# AutoWorld Dragster review....



## Ralphthe3rd (Feb 24, 2011)

Well, it appears that the first production Dragsters have been shipped out, and were already received on another Forum, and here is their review.... AW Dragster Review


----------



## Joe65SkylarkGS (Feb 15, 2010)

Very cool.


----------



## dlw (Aug 17, 1999)

They do look good, but the front of the dragster rides too high. You shouldn't see the first guide pin unless you lift the car out of the slot. 

And they need to tweak the front comm brush holder. It's 'hanging' below the chassis which explains why it isn't running so fast. Just needs to pushed up to be recessed like the rear brush holder (will have to be disassembled to do this). Having a brush holder visible under the chassis could contact a rail and short the track. I do realize the two guide pins will keep it straight, but when you hit a turn, thats where the shorting out can happen.
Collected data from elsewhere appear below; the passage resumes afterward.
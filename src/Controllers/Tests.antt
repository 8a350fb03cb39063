-- ===== src/Controllers/Tests.antt =====
-- The theorems on the controllers at small resources.
use Prim.Native.String.{◌∷◌ as cons}
use mathlib.Core.List.{Memᴰ}
use thanos_operator.Common.{
  ℕ, zero, suc, some, String, Bool, true, false, List, [], ◌∷◌, ◌==◌, ◌≡◌, ◌↔◌, ◌⊎◌, refl, sym, ap,
  inl, inr, eq_refl, Option, none, Labels, insert, index, All, ==-ne, nat_eq, Bool-cases, ◌∙◌,
  arith, if◌then◌else◌,
}
use thanos_operator.Controllers.{Synced, synced}
use thanos_operator.Controllers.Cleaning.{Deletes, IsOrphan, IsGated, IsSingle}
use thanos_operator.Controllers.Compact.{CompactSpec, after_pruning}
use thanos_operator.Controllers.Compact
use thanos_operator.Controllers.Compact.First.{IsLeftOver, sync_resources-prunes_first}
use thanos_operator.Controllers.Reconciling.{Condition, Resource, fetched, Cluster, reconcile}
use thanos_operator.Controllers.Reconciling.Conditions.{
  IsMarked, stop, step, reconciles, state_after, reconcile-IsMarked, find_condition, HasReady,
  is_reconciled, reconcile-HasReady,
}
use thanos_operator.Controllers.Sample.{
  held, admits-namespace, ns_given, objects, cluster, faithful_cluster, naming, operator, resource,
  u0_given,
}
use thanos_operator.Controllers.Store.{StoreSpec, RelabelConfig, spec_to_options, cleanup}
use thanos_operator.Controllers.Store.Cleaning.{store_pruner, own, store_cleanup-Deletes}
use thanos_operator.Controllers.Store.Sharding.{
  count, Relabeling, keeps_block, KeepsItsBucket, spec_to_options-partition,
}
use thanos_operator.Handlers.{ResourcePruner, new_resource_pruner, with_deployment, prune_by_owner}
use thanos_operator.Handlers.Frame.{is_enabled}
use thanos_operator.Handlers.Exact.{prune_by_owner-exact}
use thanos_operator.Manifests.Names.{Naming}

-- A store of three shards.
abbrev store : Resource StoreSpec
store = resource (record { replicas = 1; shards = 3 })

abbrev no_common : Resource StoreSpec → Unit {0}
no_common s = tt

store_cleanup-Deletes_example :
    Deletes cluster faithful_cluster
      (λ x.
        (IsOrphan cluster faithful_cluster store_pruner
            ("thanos-store-q" ∷ [])
            (own operator faithful_cluster no_common (λ opts. []) store)
            x
          ⊎ IsGated operator faithful_cluster store.object x)
        ⊎ IsSingle operator faithful_cluster 1
            (own operator faithful_cluster no_common (λ opts. []) store)
            x)
      true
      (cleanup operator no_common (λ opts. []) store ("thanos-store-q" ∷ []) true)
store_cleanup-Deletes_example =
    store_cleanup-Deletes operator faithful_cluster no_common (λ opts. []) store
      ("thanos-store-q" ∷ []) true u0_given

-- A compactor without shards.
abbrev compactor : Resource CompactSpec
compactor = resource (record { sharding_config = [] })

abbrev no_options : Resource CompactSpec → Unit {0}
no_options s = tt

sync_resources-prunes_first_example :
    (s' : Bool) × (Compact.sync_resources operator no_options (λ opts. []) compactor true
      ≡ after_pruning operator no_options (λ opts. []) compactor s')
    × ((x : _)
        → Memᴰ x (objects s')
        → ¬ IsLeftOver operator faithful_cluster no_options (λ opts. []) compactor x)
    × ((x : _)
        → Memᴰ x (objects s') ↔ (
            Memᴰ x (objects true)
            × ¬ IsLeftOver operator faithful_cluster no_options (λ opts. []) compactor x))
sync_resources-prunes_first_example =
    sync_resources-prunes_first operator faithful_cluster no_options (λ opts. []) compactor true

-- Numerals with as many characters as the number.
unary : ℕ → String
unary zero = ""
unary (suc n) = cons "i" (unary n)

unary-injective : (i j : ℕ) → unary i ≡ unary j → i ≡ j
unfolding unary
unary-injective zero zero h = refl
unary-injective zero (suc j) h = cc
unary-injective (suc i) zero h = cc
unary-injective (suc i) (suc j) h = ap suc (unary-injective i j (cc))

abbrev numbered : Naming
numbered = record naming { decimal = unary }

unary-eq : (i j : ℕ) → (unary i == unary j) ≡ nat_eq j i
unary-eq i j = elim (Bool-cases (nat_eq j i)) [
  | inl e ↦
      let same : j ≡ i = ground arith in
      let passes : (unary i == unary j) ≡ true = rw same (eq_refl (unary i)) in passes ∙ sym e
  | inr e ↦
      ==-ne (unary i) (unary j)
        (λ same. let equal : i ≡ j = unary-injective i j same in absurd (ground arith))
      ∙ sym e
]

-- A relabelling in which every id is in the bucket 0.
abbrev relabel : RelabelConfig → Labels → Option Labels
relabel c ls =
    if c.action == "hashmod"
    then some (insert c.target_label (unary 0) ls)
    else if c.action == "keep"
    then if c.regex == index c.source_label ls then some ls else none
    else none

abbrev relabeling : Relabeling numbered
relabeling = record {
  process = relabel;
  matches = λ r v. r == v;
  bucket = λ n value. 0;
  bucket_bound = λ n value h. h;
  hashmod = λ c ls e. rw e refl;
  keep = λ c ls e. rw e refl;
  matches_numeral = unary-eq;
}

abbrev block : Labels
block = ("__block_id", "01H") ∷ ("region", "eu") ∷ []

spec_to_options-partition_example :
    (count
        (keeps_block numbered relabeling no_common block)
        (spec_to_options numbered no_common store)
      ≡ 1)
    × All
        (KeepsItsBucket numbered relabeling no_common store block)
        (spec_to_options numbered no_common store)
spec_to_options-partition_example =
    spec_to_options-partition numbered relabeling no_common store block

abbrev deployments : ResourcePruner
deployments = with_deployment new_resource_pruner

prune_by_owner-exact_example :
    (Memᴰ held (objects (prune_by_owner cluster deployments store.object true).state) ↔ (
      Memᴰ held (objects true)
      × ¬ (
          (cluster.is_controlled_by held store.object ≡ true)
          × (held.namespace ≡ store.object.namespace)
          × (is_enabled deployments held.kind ≡ true))))
    × ((prune_by_owner cluster deployments store.object true).err_count ≡ 0)
prune_by_owner-exact_example =
    prune_by_owner-exact cluster faithful_cluster admits-namespace deployments store.object true
      held u0_given ns_given

-- A resource that is its own store of the status.
abbrev Plain : Type 0
Plain = Resource (Unit {0})

abbrev stored : Cluster Plain (Unit {0})
stored = record {
  set_status_condition = λ conditions c. c ∷ conditions;
  get = λ s. fetched s;
  update_status = λ s r. r;
}

abbrev do_nothing : Plain → Plain → Synced Plain
do_nothing r s = synced s

-- It was paused before.
abbrev resumed : Plain
resumed = record (resource tt) { status = record { conditions = []; paused = some true } }

resumed-IsMarked : IsMarked stored resumed
resumed-IsMarked r h = let same : resumed ≡ r = cc in ap (λ (x : Plain). x.status.paused) (sym same)

reconcile-IsMarked_example :
    IsMarked stored (state_after (reconcile stored false do_nothing resumed))
reconcile-IsMarked_example =
    reconcile-IsMarked stored (λ s r. inl refl) false do_nothing (λ r s r' h. (r', h, refl))
      (step (reconciles resumed) (stop (state_after (reconcile stored false do_nothing resumed))))
      resumed-IsMarked

sets_first :
    (conditions : List Condition) (c : Condition)
    → find_condition c.condition_type (c ∷ conditions) ≡ some c
unfolding find_condition
sets_first conditions c = rw (eq_refl c.condition_type) refl

reconcile-HasReady_example :
    HasReady stored
      (state_after (reconcile stored false do_nothing resumed))
      (is_reconciled stored (reconcile stored false do_nothing resumed))
reconcile-HasReady_example =
    reconcile-HasReady stored sets_first (λ s r. refl) do_nothing resumed resumed refl refl
      (λ s' h. cc)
And after looking at the rear of the car's packaging, the return loop apparently comes with 12" curves, which makes the return loop an excellent expansion set for any set.


----------



## Joe65SkylarkGS (Feb 15, 2010)

dlw said:


> They do look good, but the front of the dragster rides too high. You shouldn't see the first guide pin unless you lift the car out of the slot.
> 
> And they need to tweak the front comm brush holder. It's 'hanging' below the chassis which explains why it isn't running so fast. Just needs to pushed up to be recessed like the rear brush holder (will have to be disassembled to do this). Having a brush holder visible under the chassis could contact a rail and short the track. I do realize the two guide pins will keep it straight, but when you hit a turn, thats where the shorting out can happen.
> 
> And after looking at the rear of the car's packaging, the return loop apparently comes with 12" curves, which makes the return loop an excellent expansion set for any set.
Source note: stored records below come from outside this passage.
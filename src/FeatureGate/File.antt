-- ===== src/FeatureGate/File.antt =====
-- internal/pkg/featuregate/config_file.go. What package os, the YAML and JSON packages, the duration
-- parser and the two label checks make of their inputs are parameters.
pub mod Kept
pub mod Loading
pub mod Validity
pub mod Disabled
use thanos_operator.Common.{
  String, Bool, true, false, ◌&&◌, ◌==◌, List, [], ◌∷◌, Option, none, some, ℤ, pos, negsuc, zero,
  GoMap, Labels, lookup, if◌then◌else◌,
}
use thanos_operator.FeatureGate.{
  Config, ServiceMonitorConfig, KubeResourceSyncConfig, service_monitor, kube_resource_sync,
  default_kube_resource_sync_image,
}

pub record ServiceMonitorFileConfig : Type 0 where
  pub additional_labels : Option Labels
  pub interval : String

pub data LoadError : Type 0 where
  read_error : LoadError
  yaml_error : LoadError
  map_error : LoadError
  service_monitor_decode_error : LoadError
  invalid_interval : String → LoadError
  invalid_label_key : String → LoadError
  invalid_label_value : String → LoadError
  kube_resource_sync_decode_error : LoadError

-- `os.ReadFile`: a missing file is an error of its own.
pub data ReadResult : Type 0 where
  content : String → ReadResult
  not_exist : ReadResult
  read_failed : ReadResult

-- The returned configuration, and the error if there is one.
pub data Loaded : Type 0 where
  done : Config → Loaded
  failed : Config → LoadError → Loaded

abbrev pub config : Loaded → Config
config (done c) = c
config (failed c e) = c

-- The negation of `interval <= 0`.
abbrev pub is_positive : ℤ → Bool
is_positive (pos zero) = false
is_positive (pos n) = true
is_positive (negsuc n) = false

-- The functions of other packages.
pub record Packages : Type 1 where
  pub Raw : Type 0
  pub yaml_to_json : String → Option String
  pub unmarshal_map : String → Option (GoMap Raw)
  pub decode_service_monitor : Raw → Option ServiceMonitorFileConfig
  -- The image that the block names, or "".
  pub decode_kube_resource_sync : Raw → Option String
  pub parse_duration : String → Option ℤ
  pub is_qualified_name : String → Bool
  pub is_valid_label_value : String → Bool

unfoldable pub default_image : KubeResourceSyncConfig → KubeResourceSyncConfig
default_image krs =
    if krs.enabled && krs.image == ""
    then record krs { image = default_kube_resource_sync_image }
    else krs

unfoldable pub apply_defaults : Config → Config
unfolding default_image
apply_defaults c = elim c.kube_resource_sync_config [
  | none ↦ c
  | some krs ↦ record c { kube_resource_sync_config = some (default_image krs) }
]

unfoldable pub override_labels : Option Labels → Option Labels → Option Labels
override_labels (some labels) current = some labels
override_labels none current = current

unfoldable pub override_string : String → String → String
override_string value current = if value == "" then current else value

unfoldable pub override_service_monitor :
    ServiceMonitorFileConfig → ServiceMonitorConfig → ServiceMonitorConfig
unfolding override_labels override_string
override_service_monitor file sm = record {
  enabled = sm.enabled;
  additional_labels = override_labels file.additional_labels sm.additional_labels;
  interval = override_string file.interval sm.interval;
}

module _ (p : Packages) where
  unfoldable pub is_valid_interval : String → Bool
  is_valid_interval interval = elim (p.parse_duration interval) [
    | none ↦ false
    | some d ↦ is_positive d
  ]

  -- The range over the labels, in an order of the map's.
  unfoldable pub validate_labels : Labels → Option LoadError
  validate_labels [] = none
  validate_labels ((key, value) ∷ labels) =
      if p.is_qualified_name key
      then (if p.is_valid_label_value value
          then validate_labels labels
          else some (invalid_label_value key))
      else some (invalid_label_key key)

  unfoldable pub validate_additional : Option Labels → Option LoadError
  unfolding validate_labels
  validate_additional none = none
  validate_additional (some labels) = validate_labels labels

  unfoldable pub validate : ServiceMonitorFileConfig → Option LoadError
  unfolding is_valid_interval validate_additional
  validate c =
      if c.interval == ""
      then validate_additional c.additional_labels
      else if is_valid_interval c.interval
      then validate_additional c.additional_labels
      else some (invalid_interval c.interval)

  unfoldable pub apply_service_monitor_file :
      ServiceMonitorFileConfig → ServiceMonitorConfig → Config → Loaded
  unfolding validate override_service_monitor
  apply_service_monitor_file file sm c = elim (validate file) [
    | some e ↦ failed c e
    | none ↦ done (record c { service_monitor_config = some (override_service_monitor file sm) })
  ]

  unfoldable pub apply_service_monitor_block : p.Raw → ServiceMonitorConfig → Config → Loaded
  unfolding apply_service_monitor_file
  apply_service_monitor_block block sm c = elim (p.decode_service_monitor block) [
    | none ↦ failed c service_monitor_decode_error
    | some file ↦ apply_service_monitor_file file sm c
  ]

  unfoldable pub apply_service_monitor : GoMap p.Raw → Config → Loaded
  unfolding apply_service_monitor_block
  apply_service_monitor raw c = elim c.service_monitor_config [
    | none ↦ done c
    | some sm ↦
        if sm.enabled
        then elim (lookup service_monitor raw) [
          | none ↦ done c
          | some block ↦ apply_service_monitor_block block sm c
        ]
        else done c
  ]

  unfoldable pub apply_kube_resource_sync_block : p.Raw → KubeResourceSyncConfig → Config → Loaded
  unfolding override_string
  apply_kube_resource_sync_block block krs c = elim (p.decode_kube_resource_sync block) [
    | none ↦ failed c kube_resource_sync_decode_error
    | some image ↦ done (record c {
      kube_resource_sync_config = some (record krs { image = override_string image krs.image });
    })
  ]

  unfoldable pub apply_kube_resource_sync : GoMap p.Raw → Config → Loaded
  unfolding apply_kube_resource_sync_block
  apply_kube_resource_sync raw c = elim c.kube_resource_sync_config [
    | none ↦ done c
    | some krs ↦
        if krs.enabled
        then elim (lookup kube_resource_sync raw) [
          | none ↦ done c
          | some block ↦ apply_kube_resource_sync_block block krs c
        ]
        else done c
  ]

  unfoldable pub then_kube_resource_sync : GoMap p.Raw → Loaded → Loaded
  unfolding apply_kube_resource_sync
  then_kube_resource_sync raw (failed c e) = failed c e
  then_kube_resource_sync raw (done c) = apply_kube_resource_sync raw c

  unfoldable pub apply_blocks : GoMap p.Raw → Config → Loaded
  unfolding apply_service_monitor then_kube_resource_sync
  apply_blocks raw c = then_kube_resource_sync raw (apply_service_monitor raw c)

  unfoldable pub apply_content : String → Config → Loaded
  unfolding apply_blocks
  apply_content bytes c = elim (p.yaml_to_json bytes) [
    | none ↦ failed c yaml_error
    | some json ↦ elim (p.unmarshal_map json) [
      | none ↦ failed c map_error
      | some raw ↦ apply_blocks raw c
    ]
  ]

  unfoldable pub apply_read : ReadResult → Config → Loaded
  unfolding apply_content
  apply_read (content bytes) c = apply_content bytes c
  apply_read not_exist c = done c
  apply_read read_failed c = failed c read_error

  unfoldable pub load_and_apply_config : ReadResult → Config → Loaded
  unfolding apply_defaults apply_read
  load_and_apply_config read current = apply_read read (apply_defaults current)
I did notice a bunch of grease in the comm hole. 
Interesting on the 12 in turns. I'm sue they will have to be tweaked just like any slot car. 
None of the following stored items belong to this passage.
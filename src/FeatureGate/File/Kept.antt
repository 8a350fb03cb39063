-- ===== src/FeatureGate/File/Kept.antt =====
-- What applying the configuration file keeps, on success and on every error.
use mathlib.Core.Path.{subst}
use thanos_operator.Common.{
  String, ◌≡◌, sym, inl, inr, none, some, GoMap, lookup, Bool-cases, Option-cases, arith,
}
use thanos_operator.FeatureGate.{
  Config, ServiceMonitorConfig, KubeResourceSyncConfig, service_monitor, kube_resource_sync,
}
use thanos_operator.FeatureGate.File.{
  Packages, ServiceMonitorFileConfig, yaml_error, map_error, service_monitor_decode_error,
  kube_resource_sync_decode_error, ReadResult, content, not_exist, read_failed, Loaded, done,
  failed, config, validate, override_string, override_service_monitor, apply_service_monitor_file,
  apply_service_monitor_block, apply_service_monitor, apply_kube_resource_sync_block,
  apply_kube_resource_sync, then_kube_resource_sync, apply_blocks, apply_content, apply_read,
}

-- What a property of a configuration needs so that applying a file keeps it.
pub record IsKept (p : Packages) (P : Config → Type 0) : Type 1 where
  pub service_monitor_step :
      (c : Config) (sm : ServiceMonitorConfig) (file : ServiceMonitorFileConfig)
      → c.service_monitor_config ≡ some sm
      → validate p file ≡ none
      → P c
      → P (record c { service_monitor_config = some (override_service_monitor file sm) })
  pub kube_resource_sync_step :
      (c : Config) (krs : KubeResourceSyncConfig) (image : String)
      → c.kube_resource_sync_config ≡ some krs
      → P c
      → P (record c {
        kube_resource_sync_config = some (record krs { image = override_string image krs.image });
      })

module _ {p : Packages} {P : Config → Type 0} (kept : IsKept p P) where
  returns : (l r : Loaded) → l ≡ r → P (config r) → P (config l)
  returns l r e h = subst (λ l. P (config l)) (sym e) h

  apply_service_monitor_block-kept :
      (block : p.Raw) (sm : ServiceMonitorConfig) (c : Config)
      → c.service_monitor_config ≡ some sm
      → P c
      → P (config (apply_service_monitor_block p block sm c))
  unfolding apply_service_monitor_block apply_service_monitor_file
  apply_service_monitor_block-kept block sm c e h =
      elim (Option-cases (p.decode_service_monitor block)) [
        | inl d ↦
            returns (apply_service_monitor_block p block sm c)
              (failed c service_monitor_decode_error) (ground arith) h
        | inr (file, d) ↦ elim (Option-cases (validate p file)) [
          | inl v ↦
              returns (apply_service_monitor_block p block sm c)
                (done
                  (record c { service_monitor_config = some (override_service_monitor file sm) }))
                (ground arith) (kept.service_monitor_step c sm file e v h)
          | inr (error, v) ↦
              returns (apply_service_monitor_block p block sm c) (failed c error) (ground arith) h
        ]
      ]

  apply_service_monitor-kept :
      (raw : GoMap p.Raw) (c : Config) → P c → P (config (apply_service_monitor p raw c))
  unfolding apply_service_monitor
  apply_service_monitor-kept raw c h = elim (Option-cases c.service_monitor_config) [
    | inl e ↦ returns (apply_service_monitor p raw c) (done c) (ground arith) h
    | inr (sm, e) ↦ elim (Bool-cases sm.enabled) [
      | inl on ↦ elim (Option-cases (lookup service_monitor raw)) [
        | inl l ↦ returns (apply_service_monitor p raw c) (done c) (ground arith) h
        | inr (block, l) ↦
            returns (apply_service_monitor p raw c) (apply_service_monitor_block p block sm c)
              (ground arith) (apply_service_monitor_block-kept block sm c e h)
      ]
      | inr off ↦ returns (apply_service_monitor p raw c) (done c) (ground arith) h
    ]
  ]

  apply_kube_resource_sync-kept :
      (raw : GoMap p.Raw) (c : Config) → P c → P (config (apply_kube_resource_sync p raw c))
  unfolding apply_kube_resource_sync apply_kube_resource_sync_block
  apply_kube_resource_sync-kept raw c h = elim (Option-cases c.kube_resource_sync_config) [
    | inl e ↦ returns (apply_kube_resource_sync p raw c) (done c) (ground arith) h
    | inr (krs, e) ↦ elim (Bool-cases krs.enabled) [
      | inl on ↦ elim (Option-cases (lookup kube_resource_sync raw)) [
        | inl l ↦ returns (apply_kube_resource_sync p raw c) (done c) (ground arith) h
        | inr (block, l) ↦ elim (Option-cases (p.decode_kube_resource_sync block)) [
          | inl d ↦
              returns (apply_kube_resource_sync p raw c) (failed c kube_resource_sync_decode_error)
                (ground arith) h
          | inr (image, d) ↦
              returns (apply_kube_resource_sync p raw c)
                (done (record c {
                  kube_resource_sync_config =
                      some (record krs { image = override_string image krs.image });
                }))
                (ground arith) (kept.kube_resource_sync_step c krs image e h)
        ]
      ]
      | inr off ↦ returns (apply_kube_resource_sync p raw c) (done c) (ground arith) h
    ]
  ]

  then_kube_resource_sync-kept :
      (raw : GoMap p.Raw) (l : Loaded) → P (config l) → P (config (then_kube_resource_sync p raw l))
  unfolding then_kube_resource_sync
  then_kube_resource_sync-kept raw (done c) h = apply_kube_resource_sync-kept raw c h
  then_kube_resource_sync-kept raw (failed c e) h = h

  pub apply_read-kept : (read : ReadResult) (c : Config) → P c → P (config (apply_read p read c))
  unfolding apply_read apply_content apply_blocks
  apply_read-kept not_exist c h = h
  apply_read-kept read_failed c h = h
  apply_read-kept (content bytes) c h = elim (Option-cases (p.yaml_to_json bytes)) [
    | inl y ↦ returns (apply_read p (content bytes) c) (failed c yaml_error) (ground arith) h
    | inr (json, y) ↦ elim (Option-cases (p.unmarshal_map json)) [
      | inl u ↦ returns (apply_read p (content bytes) c) (failed c map_error) (ground arith) h
      | inr (raw, u) ↦
          returns (apply_read p (content bytes) c) (apply_blocks p raw c) (ground arith) (
            then_kube_resource_sync-kept raw (apply_service_monitor p raw c)
              (apply_service_monitor-kept raw c h))
    ]
  ]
But these are rails!!!!!! Very cool. 

Thanks AW


----------



## Joe65SkylarkGS (Feb 15, 2010)

They also claim that there are 2 mounting screws holding it on the body but the rear screw is clearly a gear plate hold down screw. Just normal 4 gear chassis there 

No?


----------



## videojimmy (Jan 12, 2006)

I want!


----------



## BRS Hobbies (Feb 16, 2006)

I am looking forward to these Auto World Dragsters. Thanks for posting the link to the review.

Best regards,
Brian


----------



## Rolls (Jan 1, 2010)

I'd guess that having the 2nd guide pin, especially if it's fixed, as it looks to be, might make the dragsters inclined to bind when trying to manage a 9" curve. So the 2 pins set kind of far apart might have necessitated the larger radius return curves. 

Of course, dragsters don't really belong on road courses and larger radius curves are great in my book, so I agree the 12's are a great addition to the set.


----------



## hefer (Sep 18, 1999)

Plastic front wheels??? I don't understand why they used them on the Tyco US-1 vehicles either.


----------



## tjd241 (Jan 25, 2004)

*Honestly?*

I'm happy they've done these and the Funny Cars for the collectors and Drag People. Good for all and should net them some tidy profits. Not my cup personally, but I hope they allocate some of the dough for new Tjet molds.


----------



## 440s-4ever (Feb 23, 2010)

Just guessing but if the chassis pin were the only pin, the front of the dragster would catch rails or intrude on the outside lane in turns. 

And if the front body pin were the only pin it would cause the shoes to move off the rails at certain points in the turn due to overall length. 

Sure is neat to see something different on the market!


----------



## Grandcheapskate (Jan 5, 2006)

The front guide pin looks like it is molded into the body. If so, should it break or get damaged, the body may no longer be good.


----------



## Ralphthe3rd (Feb 24, 2011)

Ok, not part of the review in the OT, but this NEW Dragster SET was posted about on the same Forum.
Below posted by cagee13 : 
Our local Matco man stopped by our shop today and I found on his truck this Antron Brown/Matco Tools Dragstrip set. I brought it home set it up and my daughter and I had a ton of fun with it. This is the first HO set I've bought in about 3 years after getting involved with the larger scale. I have tried searching this set and I haven't found much about it except that it is apparently only being sold by Matco


----------



## GTPguy (Oct 17, 2008)

Thanks for the close-up shots of the cars. 
Do you know if the trucks carry several sets or just one? Also, can you tell us the price?


----------



## GTPguy (Oct 17, 2008)

I just noticed it wasn't your set, but that you pasted in another post- sorry.


----------



## alpink (Aug 22, 2010)

ummmmm, I don't think the top fuel drag rails are intended to go around corners with the exception of the return lane and that is a pretty broad sweeping radius.


----------



## wheelz63 (Mar 11, 2006)

Ralphthe3rd said:


> Well, it appears that the first production Dragsters have been shipped out, and were already received on another Forum, and here is their review.... AW Dragster Review


the news is that the cars are still on the water due in port on the 15th, nobody has them as of yet these photos are from aw thereselves. i wish they were in already i want to ship out my orders asap.

thanks to all who bought from me, i do appreciate it.

Richard


----------



## pshoe64 (Jun 10, 2008)

Check the other review under the "Collecting" forum. I took all of the photos and have several close ups to show off the details.

-Paul


----------